Der Genitivus qualitatis bezeichnet wie der Ablativus qualitatis Ablativus qualitatis die Eigenschaft (lat. 'quâlitas' = 'Eigenschaft') einer Person oder Sache. Er ist von einem adjektivischen Attribut begleitet. Die Fragestellung lautet: "von welcher Eigenschaft?" bzw. "was für ein?".

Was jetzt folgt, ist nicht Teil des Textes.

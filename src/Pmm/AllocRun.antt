-- ===== src/Pmm/AllocRun.antt =====
-- `pmm_alloc_pages`.
use chanux.Common.{
  ℕ, zero, suc, ◌+◌, ◌-◌, ◌*◌, ◌%◌, ◌^◌, ◌<◌, ◌≤◌, ◌≡◌, refl, true, false, ltb, leb, ◌&&◌,
  if◌then◌else◌, ◌⊎◌, inl, inr, arith, Bool-cases, ne→==,
}
use chanux.Bitmap.{bitmap_test, count_free}
use chanux.Bitmap.Count.{count_free-le}
use chanux.Pmm.{Pmm, page_size, max_pages, find_run, set_run, take_run, search_run, alloc_pages}
use chanux.Pmm.Valid.{IsValid}
use chanux.Pmm.Runs.{
  AllFree, all_free, all_free→AllFree, AllFree→all_free, find_run-some, find_run_complete,
  set_run-IsBytes, test-set_run, count_free-set_run,
}

-- The `count` pages from `start` on were free and are now used, and no other page has changed.
pub record TakesRun (s s' : Pmm) (start count : ℕ) : Type 0 where
  pub in_range : start + count ≤ max_pages
  pub now :
      (r : ℕ)
      → bitmap_test s'.bitmap r
        ≡ (if leb start r && ltb r (start + count) then true else bitmap_test s.bitmap r)
  pub were_free : all_free s.bitmap start count ≡ true
  pub counted : s'.free_count + count ≡ s.free_count
  pub valid : IsValid s'

-- The call took a run, and returned its address, which is not 0.
abbrev pub IsRunTaken : Pmm → ℕ → ℕ × Pmm → Type 0
IsRunTaken s count r =
    (start : ℕ) × TakesRun s r.1 start count × (r.0 ≡ start * page_size) × (0 < r.0)

module _ (s : Pmm) (v : IsValid s) (count : ℕ) where
  run_positive : (start : ℕ) → AllFree s.bitmap start count → 0 < count → 0 < start
  run_positive zero free h =
      absurd (ground (arith, free 0 (omega arith) (omega arith), v.zero_used))
  run_positive (suc n) free h = omega arith

  take_run-TakesRun :
      (start : ℕ)
      → 0 < count
      → AllFree s.bitmap start count
      → start + count ≤ max_pages
      → TakesRun s (take_run s count start).1 start count
  unfolding take_run
  take_run-TakesRun start pos free h = record {
    in_range = h;
    now = test-set_run count start s.bitmap v.bytes;
    were_free = AllFree→all_free s.bitmap start count free;
    counted = less.0;
    valid = record {
      bytes = set_run-IsBytes count start s.bitmap v.bytes;
      counted = less.1;
      hint_in = h;
      zero_used = ground (arith, v.zero_used, test-set_run count start s.bitmap v.bytes 0);
    };
  }
    where
      less :
          ((take_run s count start).1.free_count + count ≡ s.free_count)
          × ((take_run s count start).1.free_count
              ≡ count_free (set_run s.bitmap start count) max_pages)
      less = omega (
        arith,
        v.counted,
        count_free-set_run count start s.bitmap max_pages v.bytes h free,
        count_free-le s.bitmap max_pages,
      )

  abbrev first_search : ℕ × ℕ
  first_search = find_run s.bitmap count (max_pages - s.first_free_hint) s.first_free_hint 0 0

  abbrev second_search : ℕ × ℕ
  second_search = find_run s.bitmap count s.first_free_hint 0 first_search.0 0

  search_run-first : ltb first_search.1 count ≡ false → search_run s count ≡ first_search
  unfolding search_run
  search_run-first h = rw h

  search_run-second : ltb first_search.1 count ≡ true → search_run s count ≡ second_search
  unfolding search_run
  search_run-second h = rw h

  abbrev IsFreeRun : ℕ × ℕ → Type 0
  IsFreeRun r = AllFree s.bitmap r.0 count × (r.0 + count ≤ max_pages)

  -- The search gives a run of free pages, if it gives `count` of them.
  search_run-some :
      0 < count → ltb (search_run s count).1 count ≡ false → IsFreeRun (search_run s count)
  search_run-some pos h = elim (Bool-cases (ltb first_search.1 count)) [
    | inl more ↦
        let e = search_run-second more in
        rw e (
          find_run-some s.bitmap count s.first_free_hint 0 first_search.0 max_pages
            (omega (arith, v.hint_in)) pos (rw e at h))
    | inr enough ↦ rw (search_run-first enough) (
        find_run-some s.bitmap count _ s.first_free_hint 0 max_pages (omega (arith, v.hint_in)) pos
          enough)
  ]

  -- It misses no run of free pages that lies on one side of the hint.
  search_run_complete :
      (a : ℕ)
      → AllFree s.bitmap a count
      → a + count ≤ max_pages
      → (a + count ≤ s.first_free_hint) ⊎ (s.first_free_hint ≤ a)
      → ltb (search_run s count).1 count ≡ false
  search_run_complete a free h side = elim (Bool-cases (ltb first_search.1 count)) [
    | inr enough ↦ rw (search_run-first enough) enough
    | inl more ↦ rw (search_run-second more) (elim side [
      | inl low ↦
          find_run_complete s.bitmap count a s.first_free_hint 0 first_search.0 0 free (omega arith)
            (omega arith)
      | inr high ↦ absurd (
          cc (
            find_run_complete s.bitmap count a (max_pages - s.first_free_hint) s.first_free_hint 0 0
              free (omega arith) (omega arith)))
    ])
  ]

  alloc_pages-some :
      1 < count
      → ltb (search_run s count).1 count ≡ false
      → alloc_pages s count ≡ take_run s count (search_run s count).0
  unfolding alloc_pages
  alloc_pages-some h enough = rw (ne→== count 0 (omega arith), ne→== count 1 (omega arith), enough)

  alloc_pages-none :
      1 < count → ltb (search_run s count).1 count ≡ true → alloc_pages s count ≡ (0, s)
  unfolding alloc_pages
  alloc_pages-none h few = rw (ne→== count 0 (omega arith), ne→== count 1 (omega arith), few)

  take_run-address :
      (start : ℕ)
      → start + count ≤ max_pages
      → (take_run s count start).0 ≡ start * page_size % 2 ^ 64
  unfolding take_run
  take_run-address start h = refl

  taken :
      1 < count
      → ltb (search_run s count).1 count ≡ false
      → IsRunTaken s count (alloc_pages s count)
  taken h enough =
      let start = (search_run s count).0 in
      let r = search_run-some (omega arith) enough in
      rw (alloc_pages-some h enough) (
        (search_run s count).0,
        take_run-TakesRun (search_run s count).0 (omega arith) r.0 r.1,
        omega (arith, take_run-address start r.1, r.1),
        omega (arith, take_run-address start r.1, r.1, run_positive start r.0 (omega arith)),
      )

-- In a valid state pmm_alloc_pages of two pages or more either takes a run of that many pages of
-- the bitmap that were all free, keeps the invariant and returns the address of the first, which is
-- not 0; or returns 0 and changes nothing.
pub alloc_pages_lem :
    (s : Pmm) (count : ℕ)
    → IsValid s
    → 1 < count
    → IsRunTaken s count (alloc_pages s count) ⊎ (alloc_pages s count ≡ (0, s))
alloc_pages_lem s count v h = elim (Bool-cases (ltb (search_run s count).1 count)) [
  | inl few ↦ inr (alloc_pages-none s v count h few)
  | inr enough ↦ inl (taken s v count h enough)
]

-- In a valid state pmm_alloc_pages of two pages or more takes a run whenever there is a run of free
-- pages of that length inside the bitmap that ends at or below the search hint or starts at or
-- above it.
pub alloc_pages_complete :
    (s : Pmm) (count a : ℕ)
    → IsValid s
    → 1 < count
    → all_free s.bitmap a count ≡ true
    → a + count ≤ max_pages
    → (a + count ≤ s.first_free_hint) ⊎ (s.first_free_hint ≤ a)
    → IsRunTaken s count (alloc_pages s count)
alloc_pages_complete s count a v h free within side =
    taken s v count h
      (search_run_complete s v count a (all_free→AllFree s.bitmap a count free) within side)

vir mâgnae virtûtis ein Mann von großer Tapferkeit
besser:
ein sehr tapferer Mann

Im Satz erfüllt der Genitivus qualitatis entweder die Funktion eines Attributs oder die eines Prädikatsterms bei 'esse' und anderen kopulativen Verben wie z.B. ' vidêrî - scheinen, haberî - gelten als, fierî - werden, manêre - bleiben'. Unterscheiden Sie:

Attribut: Orgetorix vir magnae virtûtis est. Orgetorix ist ein Mann von großer Tapferkeit.
besser:
Orgetorix ist ein sehr tapferer Mann.

Pädikatsterm: Orgetorix magnae virtûtis est. Orgetorix ist von großer Tapferkeit.
besser:
Orgetorix ist sehr tapfer.

Im ersten Satz ist "magnae virtûtis" Attribut zu 'vir', im zweiten Prädikatsterm zu 'esse'.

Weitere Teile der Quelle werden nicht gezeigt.